• _Exercise details_: Work through the data below and copy out every line where "index" is found.

######

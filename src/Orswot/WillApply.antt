-- ===== src/Orswot/WillApply.antt =====
-- `will_apply` against `insert_with_source` and `delete_with_source`
-- (datacake-crdt/src/orswot.rs).
use datacake.Base.{
  ◌≡◌, refl, ap, Bool, true, false, some, arith, ◌⊎◌, inl, inr, ◌≤◌, ◌≢◌, Bool-cases, ℕ,
}
use datacake.Base.Result.{◌>>=◌}
use datacake.Base.Ord.{nat_ord}
use datacake.Timestamp.Fields.{HlcTimestamp, node}
use datacake.Orswot.Versions.{NodeVersions, is_ts_before_last_observed_event}
use datacake.Orswot.Set.{
  Key, OrSWotSet, will_apply, apply_insert, apply_delete, insert_with_source, delete_with_source,
}
use datacake.Orswot.Slot.{deleted, slot, IsValid}
use datacake.Orswot.Observed.{seen_by, HasSource, try_update_accepts}
use datacake.Orswot.Safety.{IsSafe}
use datacake.Orswot.SafeMerge.{lt-seen_by_of_observed}

-- A timestamp that the source may still accept has not been observed.
not_observed :
    (v : NodeVersions) (source : ℕ) (ts : HlcTimestamp)
    → IsSafe v
    → HasSource source v
    → ((last : HlcTimestamp) → seen_by source (node ts) v ≡ some last → last ≤ ts)
    → is_ts_before_last_observed_event ts v ≡ false
not_observed v source ts safe known newer =
    elim (Bool-cases (is_ts_before_last_observed_event ts v)) [
      | inr e ↦ e
      | inl e ↦
          let (last, sees, lt) = lt-seen_by_of_observed v ts source safe e known in
          absurd (omega (arith, newer last sees))
    ]

apply_delete-will_apply :
    (k : Key) (ts : HlcTimestamp) (s : OrSWotSet) (w : NodeVersions)
    → IsValid s
    → is_ts_before_last_observed_event ts s.versions ≡ false
    → (apply_delete k ts (record s { versions = w })).1 ≡ will_apply k ts s
unfolding apply_delete will_apply
apply_delete-will_apply k ts s w v fresh = ground (arith, v.disjoint k)

apply_insert-will_apply :
    (k : Key) (ts : HlcTimestamp) (s : OrSWotSet) (w : NodeVersions)
    → IsValid s
    → is_ts_before_last_observed_event ts s.versions ≡ false
    → let b = (apply_insert k ts (record s { versions = w })).1 in
      ((slot k s ≢ deleted ts) × (b ≡ will_apply k ts s))
      ⊎ ((slot k s ≡ deleted ts) × (will_apply k ts s ≡ false) × (b ≡ true))
unfolding apply_insert will_apply
apply_insert-will_apply k ts s w v fresh = ground (arith, v.disjoint k)

-- Where the source's last timestamp of the node is not later, a delete answers what `will_apply`
-- foretold; so does an insert, except against a tombstone of the very same timestamp, where
-- `will_apply` says no and the insert is made.
pub will_apply_lem :
    (source : ℕ) (k : Key) (ts : HlcTimestamp) (s : OrSWotSet)
    → IsValid s
    → IsSafe s.versions
    → HasSource source s.versions
    → ((last : HlcTimestamp) → seen_by source (node ts) s.versions ≡ some last → last ≤ ts)
    → (inserted removed : OrSWotSet) × (b : Bool) × (delete_with_source source k ts s
        ≡ some (removed, will_apply k ts s))
      × (insert_with_source source k ts s ≡ some (inserted, b))
      × (((slot k s ≢ deleted ts) × (b ≡ will_apply k ts s))
          ⊎ ((slot k s ≡ deleted ts) × (will_apply k ts s ≡ false) × (b ≡ true)))
unfolding delete_with_source insert_with_source
will_apply_lem source k ts s v safe known newer =
    let (w, e, sees, has) = try_update_accepts source ts s.versions known newer in
    let s₁ : OrSWotSet = record s { versions = w } in
    let fresh = not_observed s.versions source ts safe known newer in
    (
      (apply_insert k ts s₁).0,
      (apply_delete k ts s₁).0,
      (apply_insert k ts s₁).1,
      rw (e, ◌>>=◌)
          (ap (λ b. some ((apply_delete k ts s₁).0, b)) (apply_delete-will_apply k ts s w v fresh)),
      rw (e, ◌>>=◌) refl,
      apply_insert-will_apply k ts s w v fresh,
    )
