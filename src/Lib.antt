-- ===== src/Lib.antt =====
-- freens is a naming system on a Kademlia network: names are TLDs certified by a key and labels
-- below them, records are signed envelopes, nodes keep the winning envelope of each key. The
-- models below follow the Go code of `internal/`.
--
-- Ids (internal/dht/ids.go): node IDs, CompareDistance and CommonPrefixLength on byte lists of
-- 32.
--
-- Naming (internal/naming/naming.go): Naming/Text has the string functions of Go that the code
-- calls, Naming/Labels has ValidateAlias, ValidateLabel and DecomposeName, Naming/Wire has
-- EncodeWireName and DecodeWireName, Naming/Keys has the keys of the DHT. Text is a list of
-- bytes; what `strings` does to text that is not ASCII is a parameter `Unicode`, the normalizer a
-- parameter `Normalizer`. DecodeWireName runs on a round for each byte and one more, which are
-- enough, as each round takes a byte at least.
--
-- Wire (internal/wire): Wire/Record has Record, SignedEnvelope, Validate and the signature
-- checks, Wire/Winner has EnvelopeWins and VerifyChainLink, Wire/Authority has
-- VerifyAuthorityChain, Wire/Recovery has VerifyRecovery (recovery.go), Wire/Handoff has the
-- walks of transfer.go and recovery_walk.go. SHA-256, Ed25519 and the CBOR codec are the fields
-- of the parameter `Platform`; fetching a predecessor or evidence is a function parameter. The
-- fuel of the walks is the code's own limit of 16 hops. uint64 sums wrap as in Go.
--
-- Routing (internal/dht/routing.go): Routing/Contact has a contact and its addresses,
-- Routing/Bucket has KBucket, Routing/Table has RoutingTable as a function from the index to the
-- bucket, and citizenNow of transport.go, Routing/Closest has Closest and its heap, whose loops
-- run on the index and on the length, which bound their rounds. The contacts are values: the code
-- holds pointers, and hands out clones. The loop of trimAlts runs on a round for each address, as
-- each round drops one.
--
-- Store (internal/dht/store.go, evidence.go, lookup.go): Store/Entries has the state of
-- EnvelopeStore, its maps as lists of keys and values, and the history; Store/Evidence has the
-- recovery evidence and who may recover; Store/Envelopes has PutWithEvidence, Get, Has, Remove
-- and the sweeps. Put and Get return the next store beside their result, and an error where the
-- code returns one, the store then being the old one. The lock makes each operation one step.
-- Times are seconds and not negative. The loops that evict run on a round for each entry, as each
-- round drops one.
--
-- Tokens (internal/dht/tokens.go): the rotating write tokens of TokenStore, over a hash function;
-- epochs are integers, as the tolerance may reach back below 0.
--
-- Claims (internal/claims/claims.go, internal/crypto/crypto.go): Claims/Pow has the difficulty of
-- a digest and the search for a nonce, Claims/Attestation a witness's attestation, Claims/Claim a
-- claim, its decoding and MineAliasClaim, Claims/Quorum the counting of witnesses and VerifyFull,
-- Claims/Order the order of claims and SelectWinner. The search runs on the code's own number of
-- rounds. An int64 is its bit pattern. A runtime panic on nil is the result `nil_dereference`.
--
-- Claims/Pool (internal/dht/claims_pool.go) has the pool that a storing node keeps, two claims to
-- a key, and its re-attestations; eviction runs on the list of keys. Claims/Pool/Sweep has Sweep,
-- whose loop runs on the map's entries.
--
-- Difficulty (internal/dht/gossip.go, internal/constants/constants.go): the retarget rule, in
-- whole numbers where the code rounds a logarithm, and the ring of observed difficulties. Times
-- are not negative, also the one that a snapshot holds.
--
-- Claims/Tombstone (internal/dht/claims_tombstone.go): ClaimEvidence, the reuse window of an
-- expired claim and the conflict with a live one, over what the pool offers; and the helpers of
-- transport.go for signatures to old claims.
--
-- Blacklist (internal/blacklist/blacklist.go): the ledger of provable violations. What a read of
-- its file yields is an argument; a failed write changes no result.
--
-- Node (internal/dht/transport.go): the local state of a node, Node/Put with hPut and putKeyFor,
-- Node/Get with hPing, hFindNode and hGet, Node/Witness with hWitness. They compose the routing
-- table, the store, the pool, the tokens, the ledger and the difficulty. The CBOR codecs, HMAC
-- and the generated table of top-level domains are the fields of the parameter `Outside`. What a
-- rate limiter answers is an argument, since it counts in floating point, and so are the clocks,
-- which are read once for a handler. The loop over the witnesses signed runs on the map's
-- entries.
--
-- Routing/Nodes (internal/dht/transport.go): encodeNodes and parseNodes over the parameter `Net`,
-- the functions of Go's packages net and strconv.
--
-- Naming/Reserved (internal/naming/reserved.go): the aliases that nobody may claim.
--
-- Store/Landing, Claims/Pool/Landing and Node/Landing are about the keys at which a put changes
-- the store and the pool.
--
-- Tests runs the models on concrete inputs.
--
-- Not modelled: sockets, files and goroutines (lookups, publishing, TURN, STUN, UPnP, web UI,
-- command line, certificates), the resolver and its cache, the files of the claim pool, and KRPC
-- messages.
pub mod Prelude
pub mod Ids
pub mod Naming
pub mod Wire
pub mod Routing
pub mod Store
pub mod Tokens
pub mod Claims
pub mod Difficulty
pub mod Blacklist
pub mod Node
pub mod Tests
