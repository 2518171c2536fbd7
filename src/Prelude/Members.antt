-- ===== src/Prelude/Members.antt =====
-- Membership and distinctness by recursion, which the tactics take apart, and the pigeonhole
-- principle.
use Prim.Native.Nat.{ℕ, zero, suc, ◌≤◌}
use mathlib.Core.Path.{◌≡◌, refl, sym, subst}
use mathlib.Core.Logic.{◌⊎◌, inl, inr}
use mathlib.Core.List.{List, [], ◌∷◌, ◌++◌}
use mathlib.Core.Option.{some}
use native.Mathlib.Omega.{arith}
use freens.Prelude.Lists.{length, get_elem?, set, remove_at}

module _ {A : Type 0} where
  abbrev pub Member : A → List A → Type 0
  Member a [] = ⊥
  Member a (x ∷ xs) = (x ≡ a) ⊎ Member a xs

  abbrev pub Distinct : List A → Type 0
  Distinct [] = Unit
  Distinct (x ∷ xs) = (¬ Member x xs) × Distinct xs

  -- The list without one occurrence of a member.
  without : (a : A) (xs : List A) → Member a xs → List A
  without a (x ∷ xs) (inl e) = xs
  without a (x ∷ xs) (inr m) = x ∷ without a xs m
  without a [] m = elim m [ ]

  length-without :
      (a : A) (xs : List A) (m : Member a xs) → suc (length (without a xs m)) ≡ length xs
  unfolding without
  length-without a (x ∷ xs) (inl e) = refl
  length-without a (x ∷ xs) (inr m) = omega (arith, length-without a xs m)
  length-without a [] m = elim m [ ]

  Member-without :
      (a b : A) (xs : List A) (m : Member a xs)
      → ¬ (b ≡ a)
      → Member b xs
      → Member b (without a xs m)
  unfolding without
  Member-without a b (x ∷ xs) (inl e) ne (inl f) = absurd (ne (cc))
  Member-without a b (x ∷ xs) (inl e) ne (inr n) = n
  Member-without a b (x ∷ xs) (inr m) ne (inl f) = inl f
  Member-without a b (x ∷ xs) (inr m) ne (inr n) = inr (Member-without a b xs m ne n)
  Member-without a b [] m ne n = elim m [ ]

  -- Distinct members of a list are no more than the list is long.
  pub pigeonhole :
      (ks xs : List A) → Distinct ks → ((k : A) → Member k ks → Member k xs) → length ks ≤ length xs
  pigeonhole [] xs d h = omega arith
  pigeonhole (k ∷ ks) xs (new, d) h =
      let m = h k (inl refl) in
      let later = pigeonhole ks (without k xs m) d (λ j mj.
        Member-without k j xs m (λ e. new (subst (λ t. Member t ks) e mj)) (h j (inr mj))) in
      omega (arith, later, length-without k xs m)

  pub Member-get_elem? : (xs : List A) (i : ℕ) (a : A) → get_elem? xs i ≡ some a → Member a xs
  Member-get_elem? [] i a h = cc
  Member-get_elem? (x ∷ xs) zero a h = inl (cc)
  Member-get_elem? (x ∷ xs) (suc i) a h = inr (Member-get_elem? xs i a h)

  pub Member-set : (xs : List A) (i : ℕ) (v a : A) → Member a (set xs i v) → (v ≡ a) ⊎ Member a xs
  Member-set [] i v a m = elim m [ ]
  Member-set (x ∷ xs) zero v a (inl e) = inl e
  Member-set (x ∷ xs) zero v a (inr m) = inr (inr m)
  Member-set (x ∷ xs) (suc i) v a (inl e) = inr (inl e)
  Member-set (x ∷ xs) (suc i) v a (inr m) = elim (Member-set xs i v a m) [
    | inl e ↦ inl e
    | inr n ↦ inr (inr n)
  ]

  -- A member at the head may change places with one further on.
  pub Distinct-swap :
      (x a : A) (xs : List A) (i : ℕ)
      → get_elem? xs i ≡ some a
      → Distinct (x ∷ xs)
      → Distinct (a ∷ set xs i x)
  Distinct-swap x a [] i h d = cc
  Distinct-swap x a (b ∷ bs) zero h (new, (fresh, d)) =
      let same : b ≡ a = cc in
      subst (λ t. Distinct (t ∷ x ∷ bs)) same
        ((λ m. elim m [ inl e ↦ new (inl (sym e)) | inr n ↦ fresh n ]), ((λ m. new (inr m)), d))
  Distinct-swap x a (b ∷ bs) (suc i) h (new, (fresh, d)) =
      let (gone, rest) = Distinct-swap x a bs i h ((λ m. new (inr m)), d) in
      (
        (λ m. elim m [
          | inl e ↦ fresh (subst (λ t. Member t bs) (sym e) (Member-get_elem? bs i a h))
          | inr n ↦ gone n
        ]),
        ((λ m. elim (Member-set bs i x b m) [ inl e ↦ new (inl (sym e)) | inr n ↦ fresh n ]), rest),
      )

  pub Member-remove_at : (i : ℕ) (xs : List A) (a : A) → Member a (remove_at i xs) → Member a xs
  Member-remove_at i [] a m = m
  Member-remove_at zero (x ∷ xs) a m = inr m
  Member-remove_at (suc i) (x ∷ xs) a (inl e) = inl e
  Member-remove_at (suc i) (x ∷ xs) a (inr m) = inr (Member-remove_at i xs a m)

  pub Distinct-remove_at : (i : ℕ) (xs : List A) → Distinct xs → Distinct (remove_at i xs)
  Distinct-remove_at i [] d = d
  Distinct-remove_at zero (x ∷ xs) (new, d) = d
  Distinct-remove_at (suc i) (x ∷ xs) (new, d) =
      ((λ m. new (Member-remove_at i xs x m)), Distinct-remove_at i xs d)

  pub Member-append : (xs ys : List A) (a : A) → Member a (xs ++ ys) → Member a xs ⊎ Member a ys
  Member-append [] ys a m = inr m
  Member-append (x ∷ xs) ys a (inl e) = inl (inl e)
  Member-append (x ∷ xs) ys a (inr m) = elim (Member-append xs ys a m) [
    | inl n ↦ inl (inr n)
    | inr n ↦ inr n
  ]

  pub Distinct-snoc :
      (xs : List A) (a : A) → Distinct xs → ¬ Member a xs → Distinct (xs ++ (a ∷ []))
  Distinct-snoc [] a d new = ((λ m. m), tt)
  Distinct-snoc (x ∷ xs) a (fresh, d) new = (
    (λ m. elim (Member-append xs (a ∷ []) x m) [
      | inl n ↦ fresh n
      | inr (inl e) ↦ new (inl (sym e))
      | inr (inr n) ↦ n
    ]),
    Distinct-snoc xs a d (λ m. new (inr m)),
  )
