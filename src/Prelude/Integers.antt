-- ===== src/Prelude/Integers.antt =====
-- Go's `int`, where it may be negative; `negsuc n` is -1 - n.
use Prim.Native.Nat.{ℕ}

pub data ℤ : Type 0 where
  pos negsuc : ℕ → ℤ
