-- ===== src/Wire/Record.antt =====
-- internal/wire/wire.go: Record, SignedEnvelope, Record.Validate, RecordHash, VerifySignature,
-- IsBasicValid; internal/crypto/crypto.go: Verify, TldID.
-- A pointer to an envelope is an `Option Envelope`: `none` is nil, or an envelope whose Record is
-- nil, which the code tells apart nowhere. A slice that may be nil is an `Option Bytes`.
use freens.Prelude.{
  ℕ, Bool, true, false, ◌&&◌, ◌||◌, ltb, leb, ◌==◌, List, [], ◌∷◌, length, Bytes, Option, none,
  some, Result, ok, err, ◌>>◌, require, not,
}

pub record ResourceRecord : Type 0 where
  pub type : ℕ
  pub ttl : ℕ
  pub rdata : Bytes

pub record RecoveryPolicy : Type 0 where
  pub threshold : ℕ
  pub keys : List Bytes
  pub timelock : ℕ

pub record Record : Type 0 where
  pub version : ℕ
  pub name : Bytes
  pub owner : Bytes
  pub sequence : ℕ
  pub created : ℕ
  pub expires : ℕ
  pub rrset : List (Option ResourceRecord)
  pub delegation : Option Bytes
  pub prev_hash : Option Bytes
  pub recovery : Option RecoveryPolicy
  pub claim : Option Bytes
  pub revoke : Option Bool

pub record Envelope : Type 0 where
  pub body : Record
  pub sig : Bytes
  pub signer : Bytes

-- A nil slice reads as an empty one.
abbrev pub bytes_of : Option Bytes → Bytes
bytes_of none = []
bytes_of (some b) = b

-- What lies outside the repository: SHA-256 and Ed25519 of the standard library, and the CBOR codec
-- applied to a record and to an envelope (`none` is an encoding error).
pub record Platform : Type 0 where
  pub sha256 : Bytes → Bytes
  pub ed25519_verify : Bytes → Bytes → Bytes → Bool
  pub marshal_record : Record → Option Bytes
  pub marshal_envelope : Envelope → Option Bytes

pub data RecordError : Type 0 where
  bad_version empty_name bad_owner bad_sequence bad_window too_many_rrs nil_rr : RecordError
  bad_delegation bad_prev_hash : RecordError

abbrev pub key_len : ℕ
key_len = 32

abbrev pub sig_len : ℕ
sig_len = 64

abbrev pub hash_len : ℕ
hash_len = 32

abbrev pub max_rrs : ℕ
max_rrs = 64

-- `r != nil && len(r) != n` does not hold.
abbrev pub nil_or_len : ℕ → Option Bytes → Bool
nil_or_len n none = true
nil_or_len n (some b) = length b == n

unfoldable pub no_nil : List (Option ResourceRecord) → Bool
no_nil [] = true
no_nil (none ∷ rrs) = false
no_nil (some rr ∷ rrs) = no_nil rrs

unfoldable pub validate : Record → Result RecordError (Unit {0})
validate r = do
  require (r.version == 1) RecordError.bad_version
  require (not (length r.name == 0)) RecordError.empty_name
  require (length r.owner == key_len) RecordError.bad_owner
  require (not (ltb r.sequence 1)) RecordError.bad_sequence
  require (not (ltb r.expires r.created)) RecordError.bad_window
  require (not (ltb max_rrs (length r.rrset))) RecordError.too_many_rrs
  require (no_nil r.rrset) RecordError.nil_rr
  require (nil_or_len key_len r.delegation) RecordError.bad_delegation
  require (nil_or_len hash_len r.prev_hash) RecordError.bad_prev_hash

abbrev pub is_ok : {E A : Type 0} → Result E A → Bool
is_ok (ok a) = true
is_ok (err e) = false

module _ (p : Platform) where
  -- `crypto.Verify`. Its memo and that of VerifyMemoized hold results of this same function.
  unfoldable pub verify : Bytes → Bytes → Bytes → Bool
  verify pk sig msg = length pk == key_len && length sig == sig_len && p.ed25519_verify pk sig msg

  unfoldable pub tld_id : Bytes → Option Bytes
  tld_id pk = elim (length pk == key_len) [ true ↦ some (p.sha256 pk) | false ↦ none ]

  -- H_record: the hash of the whole envelope.
  unfoldable pub record_hash : Envelope → Option Bytes
  record_hash e = elim (p.marshal_envelope e) [ none ↦ none | some b ↦ some (p.sha256 b) ]

  unfoldable pub verify_signature : Envelope → Bool
  verify_signature e =
      length e.sig == sig_len
      && length e.signer == key_len
      && (elim (p.marshal_record e.body) [ none ↦ false | some cb ↦ verify e.signer e.sig cb ])

  unfoldable pub is_basic_valid : Option Envelope → ℕ → Bool
  is_basic_valid none now = false
  is_basic_valid (some e) now =
      e.body.version == 1
      && is_ok (validate e.body)
      && verify_signature e
      && not (ltb e.body.sequence 1)
      && not (ltb now e.body.created || leb e.body.expires now)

######

• _Problem solution_:
-- Routing/Bucket has KBucket, Routing/Table has RoutingTable as a function from the index to the
-- run on the index and on the length, which bound their rounds. The contacts are values: the code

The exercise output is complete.